[WORK REQUIRED]
Verbatim, and with nothing else, reproduce the data below from its first line through the line containing "le_of : (m n : ℕ) → leb m n ≡ true → m ≤ n".

[RECORDED INFORMATION]

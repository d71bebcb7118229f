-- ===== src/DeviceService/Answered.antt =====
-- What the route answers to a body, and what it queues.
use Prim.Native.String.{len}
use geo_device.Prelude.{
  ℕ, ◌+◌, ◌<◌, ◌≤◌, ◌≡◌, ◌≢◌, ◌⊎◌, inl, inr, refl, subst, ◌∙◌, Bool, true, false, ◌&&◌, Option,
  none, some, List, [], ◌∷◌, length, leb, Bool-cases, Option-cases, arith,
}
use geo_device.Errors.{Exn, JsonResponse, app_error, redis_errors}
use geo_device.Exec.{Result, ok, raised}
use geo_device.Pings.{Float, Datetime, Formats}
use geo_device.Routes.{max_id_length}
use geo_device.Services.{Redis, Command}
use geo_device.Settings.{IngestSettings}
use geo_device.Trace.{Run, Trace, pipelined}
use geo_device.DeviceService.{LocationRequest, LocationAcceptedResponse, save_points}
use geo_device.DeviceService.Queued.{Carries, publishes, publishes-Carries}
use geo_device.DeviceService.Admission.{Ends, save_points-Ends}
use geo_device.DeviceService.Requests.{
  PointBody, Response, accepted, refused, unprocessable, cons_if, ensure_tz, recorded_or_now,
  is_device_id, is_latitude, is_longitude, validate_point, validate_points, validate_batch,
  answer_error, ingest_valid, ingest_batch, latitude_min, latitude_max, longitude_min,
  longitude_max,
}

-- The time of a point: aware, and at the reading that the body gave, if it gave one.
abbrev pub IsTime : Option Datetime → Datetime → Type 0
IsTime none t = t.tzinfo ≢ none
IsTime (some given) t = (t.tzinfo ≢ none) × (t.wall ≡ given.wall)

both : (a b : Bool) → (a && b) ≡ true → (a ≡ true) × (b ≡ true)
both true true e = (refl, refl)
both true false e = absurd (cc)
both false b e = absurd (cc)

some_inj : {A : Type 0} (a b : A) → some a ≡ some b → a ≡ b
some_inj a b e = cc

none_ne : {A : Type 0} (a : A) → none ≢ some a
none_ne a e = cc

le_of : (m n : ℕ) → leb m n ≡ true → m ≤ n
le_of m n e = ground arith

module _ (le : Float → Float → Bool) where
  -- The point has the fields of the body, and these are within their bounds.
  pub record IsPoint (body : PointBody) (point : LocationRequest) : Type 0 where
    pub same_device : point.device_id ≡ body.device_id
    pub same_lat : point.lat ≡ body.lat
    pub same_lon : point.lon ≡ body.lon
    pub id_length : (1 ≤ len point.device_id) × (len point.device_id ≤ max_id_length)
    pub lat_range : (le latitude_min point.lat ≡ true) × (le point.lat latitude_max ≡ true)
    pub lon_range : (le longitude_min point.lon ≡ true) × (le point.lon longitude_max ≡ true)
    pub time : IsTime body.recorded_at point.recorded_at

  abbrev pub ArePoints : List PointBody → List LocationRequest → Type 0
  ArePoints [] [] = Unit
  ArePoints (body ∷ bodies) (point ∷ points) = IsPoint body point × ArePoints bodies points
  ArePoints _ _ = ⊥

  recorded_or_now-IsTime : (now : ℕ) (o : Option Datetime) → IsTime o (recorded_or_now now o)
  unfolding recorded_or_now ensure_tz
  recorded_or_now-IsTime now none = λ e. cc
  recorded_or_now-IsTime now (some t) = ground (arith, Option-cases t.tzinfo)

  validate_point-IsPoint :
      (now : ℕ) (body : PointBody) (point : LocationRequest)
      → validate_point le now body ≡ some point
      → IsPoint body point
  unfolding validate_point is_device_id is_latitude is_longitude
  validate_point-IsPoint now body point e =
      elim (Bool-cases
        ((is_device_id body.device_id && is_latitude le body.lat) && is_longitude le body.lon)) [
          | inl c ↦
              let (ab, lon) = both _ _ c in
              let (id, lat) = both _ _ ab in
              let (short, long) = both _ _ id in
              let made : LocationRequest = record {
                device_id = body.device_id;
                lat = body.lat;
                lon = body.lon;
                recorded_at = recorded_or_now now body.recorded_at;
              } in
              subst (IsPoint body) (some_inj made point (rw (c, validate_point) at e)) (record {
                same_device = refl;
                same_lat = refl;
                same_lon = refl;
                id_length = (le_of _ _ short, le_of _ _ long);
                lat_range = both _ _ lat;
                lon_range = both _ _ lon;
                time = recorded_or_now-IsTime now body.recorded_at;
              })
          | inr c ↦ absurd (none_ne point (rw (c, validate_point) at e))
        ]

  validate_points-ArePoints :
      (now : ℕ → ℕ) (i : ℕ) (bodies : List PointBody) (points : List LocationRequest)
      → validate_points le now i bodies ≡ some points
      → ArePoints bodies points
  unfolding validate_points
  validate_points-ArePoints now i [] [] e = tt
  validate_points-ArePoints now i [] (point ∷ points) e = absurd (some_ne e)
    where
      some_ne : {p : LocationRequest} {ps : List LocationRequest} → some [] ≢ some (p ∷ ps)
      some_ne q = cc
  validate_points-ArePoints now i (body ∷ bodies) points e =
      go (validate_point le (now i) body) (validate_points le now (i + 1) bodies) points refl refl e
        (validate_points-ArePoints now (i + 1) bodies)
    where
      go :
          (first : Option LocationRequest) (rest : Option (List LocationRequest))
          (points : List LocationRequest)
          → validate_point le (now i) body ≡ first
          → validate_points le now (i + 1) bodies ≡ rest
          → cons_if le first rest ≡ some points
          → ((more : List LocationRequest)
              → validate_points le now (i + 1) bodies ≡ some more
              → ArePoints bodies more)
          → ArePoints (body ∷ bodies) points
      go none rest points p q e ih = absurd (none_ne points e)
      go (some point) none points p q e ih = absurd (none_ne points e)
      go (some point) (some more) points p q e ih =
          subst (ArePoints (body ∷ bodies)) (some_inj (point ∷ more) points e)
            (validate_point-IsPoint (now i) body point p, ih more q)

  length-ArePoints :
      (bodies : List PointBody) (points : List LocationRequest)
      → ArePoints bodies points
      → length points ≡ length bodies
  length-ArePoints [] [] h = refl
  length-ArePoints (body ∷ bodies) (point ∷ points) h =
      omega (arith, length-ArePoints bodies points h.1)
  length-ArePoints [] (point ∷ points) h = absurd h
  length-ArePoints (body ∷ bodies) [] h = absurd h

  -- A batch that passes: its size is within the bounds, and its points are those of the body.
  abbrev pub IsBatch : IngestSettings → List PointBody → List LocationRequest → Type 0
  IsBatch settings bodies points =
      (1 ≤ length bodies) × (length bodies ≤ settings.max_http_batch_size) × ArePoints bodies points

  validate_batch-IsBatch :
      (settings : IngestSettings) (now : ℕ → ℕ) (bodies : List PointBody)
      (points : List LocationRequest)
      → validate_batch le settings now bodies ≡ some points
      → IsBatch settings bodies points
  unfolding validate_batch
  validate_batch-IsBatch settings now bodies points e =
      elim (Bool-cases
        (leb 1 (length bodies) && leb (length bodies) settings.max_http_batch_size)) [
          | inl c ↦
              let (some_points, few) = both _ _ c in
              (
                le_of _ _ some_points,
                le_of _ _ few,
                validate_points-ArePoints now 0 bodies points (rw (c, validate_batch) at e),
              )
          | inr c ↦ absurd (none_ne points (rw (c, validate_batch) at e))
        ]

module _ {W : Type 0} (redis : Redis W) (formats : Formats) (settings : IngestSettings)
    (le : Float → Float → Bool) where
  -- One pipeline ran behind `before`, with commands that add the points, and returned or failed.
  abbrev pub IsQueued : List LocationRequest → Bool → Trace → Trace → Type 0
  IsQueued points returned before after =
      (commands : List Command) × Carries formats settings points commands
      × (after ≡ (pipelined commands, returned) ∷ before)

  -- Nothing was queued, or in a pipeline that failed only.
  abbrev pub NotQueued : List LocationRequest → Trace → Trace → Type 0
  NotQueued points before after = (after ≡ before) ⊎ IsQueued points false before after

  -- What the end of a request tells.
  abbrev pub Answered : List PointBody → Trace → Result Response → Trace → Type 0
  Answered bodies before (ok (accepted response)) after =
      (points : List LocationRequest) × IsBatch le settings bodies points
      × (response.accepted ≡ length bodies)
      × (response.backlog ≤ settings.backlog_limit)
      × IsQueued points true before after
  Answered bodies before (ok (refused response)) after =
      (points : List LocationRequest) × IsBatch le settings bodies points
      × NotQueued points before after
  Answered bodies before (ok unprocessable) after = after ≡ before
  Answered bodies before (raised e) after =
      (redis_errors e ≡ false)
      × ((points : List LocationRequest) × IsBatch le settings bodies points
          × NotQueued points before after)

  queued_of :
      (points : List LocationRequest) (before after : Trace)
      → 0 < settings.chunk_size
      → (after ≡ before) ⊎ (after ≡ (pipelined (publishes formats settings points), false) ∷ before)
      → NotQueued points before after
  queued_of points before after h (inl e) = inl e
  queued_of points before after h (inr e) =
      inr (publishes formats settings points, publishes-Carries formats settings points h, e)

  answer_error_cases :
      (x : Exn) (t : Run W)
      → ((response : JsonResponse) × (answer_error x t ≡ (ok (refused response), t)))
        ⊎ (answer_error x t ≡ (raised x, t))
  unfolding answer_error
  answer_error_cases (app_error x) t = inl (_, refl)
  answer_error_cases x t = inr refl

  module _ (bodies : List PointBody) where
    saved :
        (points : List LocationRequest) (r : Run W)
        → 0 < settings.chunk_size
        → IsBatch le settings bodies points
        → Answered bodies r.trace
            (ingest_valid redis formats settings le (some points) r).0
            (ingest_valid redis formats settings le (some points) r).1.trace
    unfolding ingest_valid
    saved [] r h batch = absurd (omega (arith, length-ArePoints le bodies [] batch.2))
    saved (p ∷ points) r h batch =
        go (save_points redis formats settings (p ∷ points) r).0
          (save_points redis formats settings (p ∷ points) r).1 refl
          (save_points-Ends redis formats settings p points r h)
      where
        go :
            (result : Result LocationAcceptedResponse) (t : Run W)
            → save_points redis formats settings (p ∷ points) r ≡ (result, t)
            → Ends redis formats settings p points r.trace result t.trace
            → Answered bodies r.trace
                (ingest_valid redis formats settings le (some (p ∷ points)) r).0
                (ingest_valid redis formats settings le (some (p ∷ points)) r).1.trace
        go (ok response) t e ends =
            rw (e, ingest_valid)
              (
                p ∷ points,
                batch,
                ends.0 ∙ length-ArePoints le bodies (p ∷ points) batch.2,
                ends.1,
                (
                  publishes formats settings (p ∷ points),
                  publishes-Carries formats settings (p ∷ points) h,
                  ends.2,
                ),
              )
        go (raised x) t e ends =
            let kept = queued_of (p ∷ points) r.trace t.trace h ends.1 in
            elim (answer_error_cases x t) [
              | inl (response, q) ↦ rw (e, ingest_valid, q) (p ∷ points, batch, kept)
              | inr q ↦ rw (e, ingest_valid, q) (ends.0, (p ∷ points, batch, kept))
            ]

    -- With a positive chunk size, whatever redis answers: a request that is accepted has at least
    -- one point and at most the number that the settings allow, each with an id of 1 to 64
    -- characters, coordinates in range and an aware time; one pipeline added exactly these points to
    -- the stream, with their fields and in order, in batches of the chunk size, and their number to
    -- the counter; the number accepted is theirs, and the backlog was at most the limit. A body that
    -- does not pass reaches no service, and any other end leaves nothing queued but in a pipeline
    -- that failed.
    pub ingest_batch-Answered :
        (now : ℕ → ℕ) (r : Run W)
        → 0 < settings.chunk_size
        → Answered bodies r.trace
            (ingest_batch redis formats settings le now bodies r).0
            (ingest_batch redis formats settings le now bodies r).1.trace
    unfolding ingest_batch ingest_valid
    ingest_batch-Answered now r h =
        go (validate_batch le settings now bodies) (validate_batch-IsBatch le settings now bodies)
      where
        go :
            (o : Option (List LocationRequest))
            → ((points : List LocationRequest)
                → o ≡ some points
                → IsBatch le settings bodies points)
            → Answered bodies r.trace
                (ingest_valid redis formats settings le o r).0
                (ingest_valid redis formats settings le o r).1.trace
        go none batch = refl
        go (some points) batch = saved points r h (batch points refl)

[ANSWER BOX]
repository d71bebcb7118229f
-- ===== src/DeviceService/Answered.antt =====
-- What the route answers to a body, and what it queues.
use Prim.Native.String.{len}
use geo_device.Prelude.{
  ℕ, ◌+◌, ◌<◌, ◌≤◌, ◌≡◌, ◌≢◌, ◌⊎◌, inl, inr, refl, subst, ◌∙◌, Bool, true, false, ◌&&◌, Option,
  none, some, List, [], ◌∷◌, length, leb, Bool-cases, Option-cases, arith,
}
use geo_device.Errors.{Exn, JsonResponse, app_error, redis_errors}
use geo_device.Exec.{Result, ok, raised}
use geo_device.Pings.{Float, Datetime, Formats}
use geo_device.Routes.{max_id_length}
use geo_device.Services.{Redis, Command}
use geo_device.Settings.{IngestSettings}
use geo_device.Trace.{Run, Trace, pipelined}
use geo_device.DeviceService.{LocationRequest, LocationAcceptedResponse, save_points}
use geo_device.DeviceService.Queued.{Carries, publishes, publishes-Carries}
use geo_device.DeviceService.Admission.{Ends, save_points-Ends}
use geo_device.DeviceService.Requests.{
  PointBody, Response, accepted, refused, unprocessable, cons_if, ensure_tz, recorded_or_now,
  is_device_id, is_latitude, is_longitude, validate_point, validate_points, validate_batch,
  answer_error, ingest_valid, ingest_batch, latitude_min, latitude_max, longitude_min,
  longitude_max,
}

-- The time of a point: aware, and at the reading that the body gave, if it gave one.
abbrev pub IsTime : Option Datetime → Datetime → Type 0
IsTime none t = t.tzinfo ≢ none
IsTime (some given) t = (t.tzinfo ≢ none) × (t.wall ≡ given.wall)

both : (a b : Bool) → (a && b) ≡ true → (a ≡ true) × (b ≡ true)
both true true e = (refl, refl)
both true false e = absurd (cc)
both false b e = absurd (cc)

some_inj : {A : Type 0} (a b : A) → some a ≡ some b → a ≡ b
some_inj a b e = cc

none_ne : {A : Type 0} (a : A) → none ≢ some a
none_ne a e = cc

le_of : (m n : ℕ) → leb m n ≡ true → m ≤ n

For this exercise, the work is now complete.